Login is 1,140 words, a 4-minute read. We'll see you again on Monday morning.

1 big thing: Cities see red over short-term rental party houses

Illustration: Aïda Amer/Axios

Private properties in Sunbelt tourist magnets are increasingly up for rent on short-term-rental platforms like Airbnb, HomeAway and Vrbo. That has prompted some local officials to take action against this latest form of tech-driven urban disruption, Axios' Kim Hart reports.

Why it matters: Cities are on edge after some high-profile incidents, including a shooting that killed five at a Halloween party held at an Airbnb rental in a San Francisco suburb last month. Afterwards, Airbnb banned "party houses" and cracked down on unauthorized conduct.

The big picture: A chief complaint against home-rental companies has been their potential impact on housing prices in already unaffordable places. In some markets, the bigger complaint is that rental properties are becoming such popular alternatives to hotels that they are drastically changing the nature of neighborhoods — and even chasing away families.

What's happening: Residents are becoming peeved in communities across the country.

  • A home near Naval Base Point Loma in San Diego is consistently a party scene, and residents worry Airbnb's rules won't be enforced, per NBC 7 in San Diego.
  • A shooting at a house party at a rental home in Plano, Texas, spurred residents to push the city to take action, per CBS 11 News.
  • Some Cape Cod residents report endless bachelorette parties, blaring music and fire pits that have fundamentally changed the neighborhood, per NBC 10 in Boston.

What they're saying: The trend was a hot topic of conversation at last week's National League of Cities City Summit in San Antonio. Elected officials from many small and mid-sized cities decried the rise of outside investors snapping up homes as rental properties, and the increased cost to public safety in dealing with disturbances.

  • In Tennessee: "We're seeing homes in neighborhoods turned into party houses with police having to be called out every week," said Nashville City Councilwoman Gloria Hauser. "We're seeing families needing to move out because it's not a neighborhood anymore."
  • In Florida: Ormond Beach City Commissioner Troy Kent said neighborhoods in his beach-town community have been overrun with short-term rentals.

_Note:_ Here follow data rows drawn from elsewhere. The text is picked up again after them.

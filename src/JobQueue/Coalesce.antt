-- ===== src/JobQueue/Coalesce.antt =====
-- `enqueue`: the invariant, the changed keys that a build covers, and one build for a burst of edits.
use mathlib.Core.Path.{subst}
use in_work_marketing_os_bac.Base.{
  ℕ, ◌≤◌, String, Bool, true, false, Option, none, some, List, [], ◌∷◌, ◌||◌, ◌&&◌, ◌≡◌, refl,
  arith, eq_iff, ==_refl, str_eq, leb, if◌then◌else◌, find_by, keep_if, count, contains, or_else,
  ◌⊎◌, Bool-cases, Option-cases, inl, inr, ◌∙◌,
}
use in_work_marketing_os_bac.Base.Lists.{All, All-append, All-both, length}
use in_work_marketing_os_bac.Base.Rows.{
  count-append, count-update_eq, count_zero, count-keep_if, keep_if-All, keep_if_sound,
  find_by-update_if, find_by-append,
}
use in_work_marketing_os_bac.Model.Enums.{incremental, IntelJobType, full_build}
use in_work_marketing_os_bac.Model.Tables.{IntelJob}
use in_work_marketing_os_bac.JobQueue.{
  dominant, payload_or, has_id, queued_for, running_for, oldest, pending_for_client, insert_key,
  merge_keys, coalesce, debounced, new_job, enqueue,
}
use in_work_marketing_os_bac.JobQueue.Invariant.{IsBounded, IsSound, update-IsSound, self_lookup}

contains-insert_key :
    (k key : String) (xs : List String)
    → contains str_eq key (insert_key k xs) ≡ (str_eq k key || contains str_eq key xs)
unfolding insert_key
contains-insert_key k key [] = refl
contains-insert_key k key (x ∷ xs) =
    ground (arith, eq_iff x k, eq_iff k key, eq_iff x key, contains-insert_key k key xs)

contains-merge_keys :
    (key : String) (ks base : List String)
    → contains str_eq key (merge_keys ks base)
      ≡ (contains str_eq key ks || contains str_eq key base)
unfolding merge_keys
contains-merge_keys key [] base = refl
contains-merge_keys key (k ∷ ks) base =
    ground (arith, contains-insert_key k key (merge_keys ks base), contains-merge_keys key ks base)

-- The merged job covers exactly the keys of the old job and those of the request.
coalesce_keys :
    (t : IntelJobType) (ks : Option (List String)) (run_after : Option ℕ) (j : IntelJob)
    (key : String)
    → contains str_eq key (or_else (coalesce t ks run_after j).payload [])
      ≡ (contains str_eq key (or_else ks []) || contains str_eq key (or_else j.payload []))
unfolding coalesce
coalesce_keys t ks run_after j key = ground (
  arith,
  contains-merge_keys key (or_else ks []) (merge_keys (or_else j.payload []) []),
  contains-merge_keys key (or_else j.payload []) [],
)

new_job_keys :
    (new_id now client : ℕ) (t : IntelJobType) (ks : Option (List String)) (run_after : Option ℕ)
    (key : String)
    → contains str_eq key (or_else (new_job new_id now client t ks run_after).payload [])
      ≡ contains str_eq key (or_else ks [])
unfolding new_job
new_job_keys new_id now client t ks run_after key =
    ground (arith, contains-merge_keys key (or_else ks []) [])

oldest_cases :
    (x : IntelJob) (xs : List IntelJob) (j : IntelJob)
    → oldest (x ∷ xs) ≡ some j
    → (x ≡ j) ⊎ (oldest xs ≡ some j)
unfolding oldest
oldest_cases x xs j e = elim (Option-cases (oldest xs)) [
  | inl nothing ↦ inl (ground arith)
  | inr (k, found) ↦ elim (Bool-cases (leb x.created_at k.created_at)) [
    | inl before ↦ inl (ground arith)
    | inr after ↦ inr (ground arith)
  ]
]

oldest-All {κ} :
    (P : IntelJob → Type κ) (xs : List IntelJob) (j : IntelJob)
    → All P xs
    → oldest xs ≡ some j
    → P j
unfolding oldest
oldest-All P [] j hs e = cc
oldest-All P (x ∷ xs) j hs e = elim (oldest_cases x xs j e) [
  | inl same ↦ subst P same hs.0
  | inr later ↦ oldest-All P xs j hs.1 later
]

no_oldest : (xs : List IntelJob) → oldest xs ≡ none → length xs ≡ 0
unfolding oldest
no_oldest [] e = refl
no_oldest (x ∷ xs) e = ground arith

-- The pending job is the row of the table with its id, queued for the client.
pending_sound :
    (client : ℕ) (jobs : List IntelJob) (j : IntelJob)
    → IsSound jobs
    → pending_for_client client jobs ≡ some j
    → (find_by (has_id j.id) jobs ≡ some j) × (queued_for client j ≡ true)
unfolding pending_for_client
pending_sound client jobs j s e =
    oldest-All (λ x. (find_by (has_id x.id) jobs ≡ some x) × (queued_for client x ≡ true))
      (keep_if (queued_for client) jobs) j
      (All-both (λ x. find_by (has_id x.id) jobs ≡ some x) (λ x. queued_for client x ≡ true)
        (keep_if (queued_for client) jobs)
        (keep_if-All (λ x. find_by (has_id x.id) jobs ≡ some x) (queued_for client) jobs
          (self_lookup jobs s.one_row))
        (keep_if_sound (queued_for client) jobs))
      e

pending_none :
    (client : ℕ) (jobs : List IntelJob)
    → pending_for_client client jobs ≡ none
    → count (queued_for client) jobs ≡ 0
unfolding pending_for_client
pending_none client jobs e =
    count-keep_if (queued_for client) jobs ∙ no_oldest (keep_if (queued_for client) jobs) e

an_oldest : (xs : List IntelJob) (j : IntelJob) → oldest xs ≡ some j → 1 ≤ length xs
unfolding oldest
an_oldest [] j e = cc
an_oldest (x ∷ xs) j e = omega arith

pending_some :
    (client : ℕ) (jobs : List IntelJob) (j : IntelJob)
    → pending_for_client client jobs ≡ some j
    → 1 ≤ count (queued_for client) jobs
unfolding pending_for_client
pending_some client jobs j e = omega (
  arith,
  count-keep_if (queued_for client) jobs,
  an_oldest (keep_if (queued_for client) jobs) j e,
)

abbrev pub pending_keys : Option IntelJob → List String
pending_keys none = []
pending_keys (some j) = or_else j.payload []

-- A payload without keys is one for everything, as the worker and the model's comment read it.
abbrev pub is_everything : Option (List String) → Bool
is_everything none = true
is_everything (some []) = true
is_everything (some (k ∷ ks)) = false

abbrev pub is_full : IntelJobType → Bool
is_full full_build = true
is_full incremental = false

-- Whether a job of the type and with the payload asks for a rebuild of a source key.
abbrev pub covers : IntelJobType → Option (List String) → String → Bool
covers t payload key =
    is_full t || is_everything payload || contains str_eq key (or_else payload [])

-- What the request and a pending job cover together; but where neither is a full build, and one of them names keys
-- and the other is for everything, only the keys that are named.
abbrev pub owed : IntelJobType → Option (List String) → Option IntelJob → String → Bool
owed t request none key = covers t request key
owed t request (some j) key =
    is_full t
    || is_full j.job_type
    || is_everything request && is_everything j.payload
    || contains str_eq key (or_else request [])
    || contains str_eq key (or_else j.payload [])

abbrev pub pending_everything : Option IntelJob → Bool
pending_everything none = true
pending_everything (some j) = is_everything j.payload

abbrev pub pending_full : Option IntelJob → Bool
pending_full none = false
pending_full (some j) = is_full j.job_type

filled-insert_key : (k : String) (xs : List String) → is_everything (some (insert_key k xs)) ≡ false
unfolding insert_key
filled-insert_key k [] = refl
filled-insert_key k (x ∷ xs) = ground arith

everything-merge_keys :
    (ks base : List String)
    → is_everything (some (merge_keys ks base))
      ≡ (is_everything (some ks) && is_everything (some base))
unfolding merge_keys
everything-merge_keys [] base = refl
everything-merge_keys (k ∷ ks) base = filled-insert_key k (merge_keys ks base)

everything-or_else :
    (o : Option (List String)) → is_everything (some (or_else o [])) ≡ is_everything o
everything-or_else none = refl
everything-or_else (some ks) = refl

everything-payload_or :
    (ks : List String) (o : Option (List String))
    → is_everything (payload_or ks o) ≡ (is_everything (some ks) && is_everything o)
everything-payload_or [] o = refl
everything-payload_or (k ∷ ks) o = refl

coalesce_everything :
    (t : IntelJobType) (ks : Option (List String)) (run_after : Option ℕ) (j : IntelJob)
    → is_everything (coalesce t ks run_after j).payload
      ≡ (is_everything ks && is_everything j.payload)
unfolding coalesce
coalesce_everything t ks run_after j =
    let old = merge_keys (or_else j.payload []) [] in
    rw
      (
        everything-payload_or (merge_keys (or_else ks []) old) j.payload,
        everything-merge_keys (or_else ks []) old,
        everything-merge_keys (or_else j.payload []) [],
        everything-or_else ks,
        everything-or_else j.payload,
      )
      (ground arith)

new_job_everything :
    (new_id now client : ℕ) (t : IntelJobType) (ks : Option (List String)) (run_after : Option ℕ)
    → is_everything (new_job new_id now client t ks run_after).payload ≡ is_everything ks
unfolding new_job
new_job_everything new_id now client t ks run_after =
    rw
      (
        everything-payload_or (merge_keys (or_else ks []) []) none,
        everything-merge_keys (or_else ks []) [],
        everything-or_else ks,
      )
      (ground arith)

full-dominant : (t old : IntelJobType) → is_full (dominant t old) ≡ (is_full t || is_full old)
full-dominant full_build old = refl
full-dominant incremental old = refl

full_or_incremental : (t : IntelJobType) → (t ≡ full_build) ⊎ (t ≡ incremental)
full_or_incremental full_build = inl refl
full_or_incremental incremental = inr refl

dominant_full : (t old : IntelJobType) → (dominant t old ≡ full_build) ⊎ (t ≡ incremental)
dominant_full full_build old = inl refl
dominant_full incremental old = inr refl

module _ (new_id now client debounce : ℕ) (t : IntelJobType) (ks : Option (List String))
    (jobs : List IntelJob) where
  -- An enqueue under a new id keeps the invariant, whether it coalesces or adds a job.
  pub enqueue-IsSound :
      (enabled : Bool)
      → find_by (has_id new_id) jobs ≡ none
      → IsSound jobs
      → IsSound (enqueue enabled new_id now client t ks debounce jobs).0
  unfolding enqueue
  enqueue-IsSound false fresh s = s
  enqueue-IsSound true fresh s = elim (Option-cases (pending_for_client client jobs)) [
    | inl e ↦
        rw (e, enqueue)
          (record {
            one_row = λ i.
                unfold new_job count in
                ground (
                  arith,
                  count-append (has_id i) jobs
                      (new_job new_id now client t ks (debounced now debounce) ∷ []),
                  s.one_row i,
                  count_zero (has_id new_id) jobs fresh,
                );
            one_running = λ c.
                unfold new_job count in
                ground (
                  arith,
                  count-append (running_for c) jobs
                      (new_job new_id now client t ks (debounced now debounce) ∷ []),
                  s.one_running c,
                );
            bounded =
                unfold new_job in
                All-append IsBounded jobs
                  (new_job new_id now client t ks (debounced now debounce) ∷ []) s.bounded
                  ((omega arith, λ _. omega arith), tt);
          })
    | inr (j, e) ↦
        rw (e, enqueue)
          (update-IsSound (has_id j.id) (coalesce t ks (debounced now debounce)) jobs
            (unfold coalesce in λ i x. omega arith) (unfold coalesce in λ c x. omega arith)
            (unfold coalesce in λ x same b. b) s)
  ]

  -- With the pipeline enabled, an enqueue leaves the client with as many queued jobs as it had, and with
  -- one if it had none.
  count-enqueue :
      count (queued_for client) (enqueue true new_id now client t ks debounce jobs).0
      ≡ (if leb 1 (count (queued_for client) jobs) then count (queued_for client) jobs else 1)
  unfolding enqueue
  count-enqueue = elim (Option-cases (pending_for_client client jobs)) [
    | inl e ↦
        rw (e, enqueue)
          (unfold new_job count in
            ground (
              arith,
              count-append (queued_for client) jobs
                  (new_job new_id now client t ks (debounced now debounce) ∷ []),
              pending_none client jobs e,
              ==_refl client,
            ))
    | inr (j, e) ↦
        rw (e, enqueue)
          (ground (
            arith,
            count-update_eq (queued_for client) (has_id j.id)
                (coalesce t ks (debounced now debounce)) jobs (unfold coalesce in λ x. refl),
            pending_some client jobs j e,
          ))
  ]

  -- The job of an enqueue, a queued row of the client, names the keys of the request and of the pending job.
  pub enqueue_merges :
      (key : String)
      → IsSound jobs
      → find_by (has_id new_id) jobs ≡ none
      → (k : IntelJob) × ((enqueue true new_id now client t ks debounce jobs).1 ≡ some k)
        × (find_by (has_id k.id) (enqueue true new_id now client t ks debounce jobs).0 ≡ some k)
        × (queued_for client k ≡ true)
        × (contains str_eq key (or_else k.payload []) ≡ (
            contains str_eq key (or_else ks [])
            || contains str_eq key (pending_keys (pending_for_client client jobs))))
        × ((k.job_type ≡ full_build) ⊎ (t ≡ incremental))
        × (is_everything k.payload
            ≡ (is_everything ks && pending_everything (pending_for_client client jobs)))
        × (is_full k.job_type ≡ (is_full t || pending_full (pending_for_client client jobs)))
  unfolding enqueue
  enqueue_merges key s fresh = elim (Option-cases (pending_for_client client jobs)) [
    | inl e ↦ (
      new_job new_id now client t ks (debounced now debounce),
      rw (e, enqueue),
      rw (e, enqueue)
          (unfold new_job find_by in
            ground (
              arith,
              find_by-append (has_id new_id) jobs
                  (new_job new_id now client t ks (debounced now debounce) ∷ []),
              ==_refl new_id,
            )),
      unfold new_job in ground (arith, ==_refl client),
      rw e (ground (arith, new_job_keys new_id now client t ks (debounced now debounce) key)),
      unfold new_job in full_or_incremental t,
      rw (e, new_job_everything new_id now client t ks (debounced now debounce)) (ground arith),
      rw e (unfold new_job in ground arith),
    )
    | inr (j, e) ↦ (
      coalesce t ks (debounced now debounce) j,
      rw (e, enqueue),
      rw (e, enqueue)
          (unfold coalesce in
            find_by-update_if (has_id j.id) (coalesce t ks (debounced now debounce)) jobs j
              (λ x. refl) (pending_sound client jobs j s e).0),
      unfold coalesce in (pending_sound client jobs j s e).1,
      rw e (coalesce_keys t ks (debounced now debounce) j key),
      unfold coalesce in dominant_full t j.job_type,
      rw (e, coalesce_everything t ks (debounced now debounce) j) refl,
      rw e (unfold coalesce in full-dominant t j.job_type),
    )
  ]

  -- With the pipeline enabled, in a sound table and under a new id, the job that an enqueue returns is a
  -- queued row of the client, a full build if one is asked for. A full build and a build without keys
  -- ask for everything: if no job was pending, the job asks for exactly what the request does; if one was,
  -- it asks for everything if either of the two is a full build or both are without keys, and else for
  -- exactly the keys that the two name, also if one of them alone is without keys.
  pub enqueue-covers :
      (key : String)
      → IsSound jobs
      → find_by (has_id new_id) jobs ≡ none
      → (k : IntelJob) × ((enqueue true new_id now client t ks debounce jobs).1 ≡ some k)
        × (find_by (has_id k.id) (enqueue true new_id now client t ks debounce jobs).0 ≡ some k)
        × (queued_for client k ≡ true)
        × ((k.job_type ≡ full_build) ⊎ (t ≡ incremental))
        × (covers k.job_type k.payload key ≡ owed t ks (pending_for_client client jobs) key)
  enqueue-covers key s fresh =
      let (k, returned, found, waits, keys, full, every, kind) = enqueue_merges key s fresh in
      (
        k,
        returned,
        found,
        waits,
        full,
        rw (keys, every, kind)
            (elim (Option-cases (pending_for_client client jobs)) [
              | inl e ↦ rw e (ground arith)
              | inr (j, e) ↦ rw e (ground arith)
            ]),
      )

He no longer knows his neighbors and routinely witnesses behavior that requires public safety's attention. "It's wildly inappropriate," he said. "That's not what my constituents signed up for. There's zoning for that."
  • In Texas: College Station Councilwoman Linda Harvell expressed concern that short-term rentals can cost the city more due to police calls and clean-up needs, yet they don't necessarily pay occupancy taxes like hotels are required to.

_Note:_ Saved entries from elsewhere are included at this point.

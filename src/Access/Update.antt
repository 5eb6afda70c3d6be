-- ===== src/Access/Update.antt =====
-- `_apply_update_client`: what is written, what is logged, and that a change is never saved without
-- its intelligence rebuild.
use in_work_marketing_os_bac.Base.{
  ℕ, true, none, some, List, [], ◌≡◌, arith, str_eq, contains, map, or_else, find_by,
}
use in_work_marketing_os_bac.Errors.{ok}
use in_work_marketing_os_bac.Model.Enums.{incremental}
use in_work_marketing_os_bac.Model.Tables.{Change, Client, Db, Env, IntelJob}
use in_work_marketing_os_bac.JobQueue.{has_id, queued_for, enqueue}
use in_work_marketing_os_bac.JobQueue.Invariant.{IsSound}
use in_work_marketing_os_bac.JobQueue.Coalesce.{enqueue_merges}
use in_work_marketing_os_bac.Access.{ClientUpdate, apply_update_client}

-- With the pipeline enabled, a sound job table and a new job id, a successful update that reports changes
-- leaves a queued build of the client that covers every changed field, in the tables of the update.
update_client_enqueues :
    (env : Env) (db : Db) (client_id : ℕ) (patch : ClientUpdate) (db' : Db) (c : Client)
    (changes : List Change) (change : Change)
    → env.enabled ≡ true
    → IsSound db.jobs
    → find_by (has_id env.new_id) db.jobs ≡ none
    → apply_update_client env db client_id patch ≡ ok (db', c, some changes)
    → contains str_eq change.field (map (λ (x : Change). x.field) changes) ≡ true
    → (k : IntelJob) × (find_by (has_id k.id) db'.jobs ≡ some k)
      × (queued_for c.id k ≡ true)
      × (contains str_eq change.field (or_else k.payload []) ≡ true)
unfolding apply_update_client
update_client_enqueues env db client_id patch db' c changes change on sound fresh h within =
    let keys = map (λ (x : Change). x.field) changes in
    let saved : db'.jobs
        ≡ (enqueue true env.new_id env.now c.id incremental (some keys) 5 db.jobs).0 =
      ground arith in
    let (k, _, found, waits, covered, _, _, _) =
      enqueue_merges env.new_id env.now c.id 5 incremental (some keys) db.jobs change.field sound
        fresh in
    (k, rw saved found, waits, ground arith)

The other side: Amanda Pedigo, vice president for government affairs at Expedia, which owns short-term rental platform Vrbo, said the company wants to work with cities to develop regulations for rental properties to alleviate concerns.

  • Vrbo has set up a portal for neighbors to file complaints about properties. "We're committed to getting rid of party houses," Pedigo said, adding that all short-term rental owners should be paying hotel occupancy taxes.
  • Seattle is one major city that has regulated short-term rentals to cut down on abuse. Most rental operators can operate only two units. Seattle set up a special tax on short-term rentals equivalent to what hotels pay.
  • San Francisco's rules allow only permanent residents to host short-term rentals. Rentals without the owner present are limited to 90 days a year.

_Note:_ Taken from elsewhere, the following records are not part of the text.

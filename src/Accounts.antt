-- ===== src/Accounts.antt =====
-- The write cores that the proposal engine replays beside those of Access and Plan:
-- `UserService._apply_update_user` (app/services/user_service.py) and
-- `OnboardingService._apply_update_brand` (app/services/onboarding_service.py).
use in_work_marketing_os_bac.Base.{
  ℕ, Bool, Option, none, some, List, [], ◌∷◌, ◌==◌, not, or_else, any, keep_if, update_if,
}
use in_work_marketing_os_bac.Errors.{text, not_found, Result, ok, ◌>>=◌, or_raise}
use in_work_marketing_os_bac.Model.Enums.{UserRole, incremental}
use in_work_marketing_os_bac.Model.Tables.{
  Text, Value, null, typed, member, flag, listed, Change, BrandField, about_brand, brand_voice,
  brand_extracted, color_guidelines, logo_url, Client, User, Db, Env,
}
use in_work_marketing_os_bac.Audit.{Dict, field_changes}
use in_work_marketing_os_bac.JobQueue.{enqueue}
use in_work_marketing_os_bac.Access.{get_user_row}

pub record UserUpdate : Type 0 where
  pub name : Option Text
  pub role : Option UserRole
  pub is_active : Option Bool

abbrev role_value : UserRole → Value
role_value UserRole.admin = member "admin"
role_value UserRole.manager = member "manager"
role_value UserRole.user = member "user"

unfoldable pub tracked_user : User → Dict
tracked_user u =
    ("name", typed u.name) ∷ ("role", role_value u.role) ∷ ("is_active", flag u.is_active) ∷ []

abbrev pub patched_user : UserUpdate → User → User
patched_user d u = record u {
  name = or_else d.name u.name;
  role = or_else d.role u.role;
  is_active = or_else d.is_active u.is_active;
}

abbrev stamped_user : Env → Option (List Change) → User → User
stamped_user env none u = u
stamped_user env (some _) u = record u { updated_at = env.now }

unfoldable pub apply_update_user :
    Env → Db → ℕ → UserUpdate → Result (Db × User × Option (List Change))
apply_update_user env db user_id d = do
  u ← or_raise (get_user_row db user_id) (not_found (text "User not found."))
  let changes = field_changes (tracked_user u) (tracked_user (patched_user d u))
  let u' = stamped_user env changes (patched_user d u)
  ok (record db { users = update_if (λ (x : User). x.id == u.id) (λ _. u') db.users }, u', changes)

-- A field that the body sends holds `some`; `colors` are their hex codes.
pub record BrandUpdate : Type 0 where
  pub scalars : BrandField → Option (Option Text)
  pub colors : Option (Option (List Text))
  pub fonts : Option (Option (List Text))

abbrev sent {ℓ} : {A : Type ℓ} → Option A → A → A
sent none old = old
sent (some v) old = v

-- `if "colors" in fields and brand.colors is not None`
abbrev replaced : Option (Option (List Text)) → List Text → List Text
replaced (some (some new)) old = new
replaced _ old = old

-- `f.strip()` is not empty
abbrev has_ink : Env → Text → Bool
has_ink env t = any (λ c. not (env.is_space c)) t

-- `_apply_brand`
unfoldable pub patched_brand : Env → BrandUpdate → Client → Client
patched_brand env d c = record c {
  brand = λ f. sent (d.scalars f) (c.brand f);
  brand_colors = replaced d.colors c.brand_colors;
  brand_fonts = elim d.fonts [
    | some fonts ↦ elim fonts [ some new ↦ keep_if (has_ink env) new | none ↦ c.brand_fonts ]
    | none ↦ c.brand_fonts
  ];
}

abbrev text_value : Option Text → Value
text_value none = null
text_value (some t) = typed t

-- `_brand_snapshot`
unfoldable pub brand_snapshot : Client → Dict
brand_snapshot c =
    ("about_brand", text_value (c.brand about_brand))
    ∷ ("brand_voice", text_value (c.brand brand_voice))
    ∷ ("color_guidelines", text_value (c.brand color_guidelines))
    ∷ ("logo_url", text_value (c.brand logo_url))
    ∷ ("colors", listed c.brand_colors)
    ∷ ("fonts", listed c.brand_fonts)
    ∷ []

-- the columns of `clients` among the brand fields: their change moves `updated_at`
brand_columns : Client → Dict
brand_columns c =
    ("about_brand", text_value (c.brand about_brand))
    ∷ ("brand_voice", text_value (c.brand brand_voice))
    ∷ ("brand_extracted", text_value (c.brand brand_extracted))
    ∷ ("color_guidelines", text_value (c.brand color_guidelines))
    ∷ ("logo_url", text_value (c.brand logo_url))
    ∷ []

abbrev stamped_client : Env → Option (List Change) → Client → Client
stamped_client env none c = c
stamped_client env (some _) c = record c { updated_at = env.now }

unfoldable pub apply_update_brand : Env → Db → Client → BrandUpdate → Db × Option (List Change)
unfolding brand_columns
apply_update_brand env db client d =
    let patched = patched_brand env d client in
    let moved = field_changes (brand_columns client) (brand_columns patched) in
    (
      record db {
        clients =
            update_if (λ (x : Client). x.id == client.id) (λ _. stamped_client env moved patched)
              db.clients;
        jobs =
            (enqueue env.enabled env.new_id env.now client.id incremental (some ("brand" ∷ [])) 5
              db.jobs).0;
      },
      field_changes (brand_snapshot client) (brand_snapshot patched),
    )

The catch: A number of states, including Tennessee, have passed laws on short-term rentals. But some city officials say state-wide laws can limit city-specific restrictions that try to go further.

2. Heat on Amazon over warehouse conditions, Ring

For retailers, Thanksgiving kicks off the holiday buying season with Black Friday and Cyber Monday in quick succession — but Amazon has some difficult business to deal with before it can start celebrating. This week, fresh reports cast further doubts on the company's handling of working conditions at its warehouses and surveillance questions related to its Ring doorbell-cameras.

Driving the news:

  • The Intercept reports that Ring was developing a "watch list" feature driven by facial recognition software as well as a mechanism for owners to be notified of potentially suspicious activity. A company spokesperson told Axios that "nothing he's described is in development or in use today."
  • Gizmodo detailed "staggering" high worker injury rates at a New York warehouse. A report in the Atlantic places the blame on "ruthless quotas" imposed by the company on its workers.
  • Meanwhile, a new report this week from the Center for Investigative Reporting suggests Indiana officials manipulated the state's investigation into an Amazon worker's death to promote the region's bid for the company's HQ2 office.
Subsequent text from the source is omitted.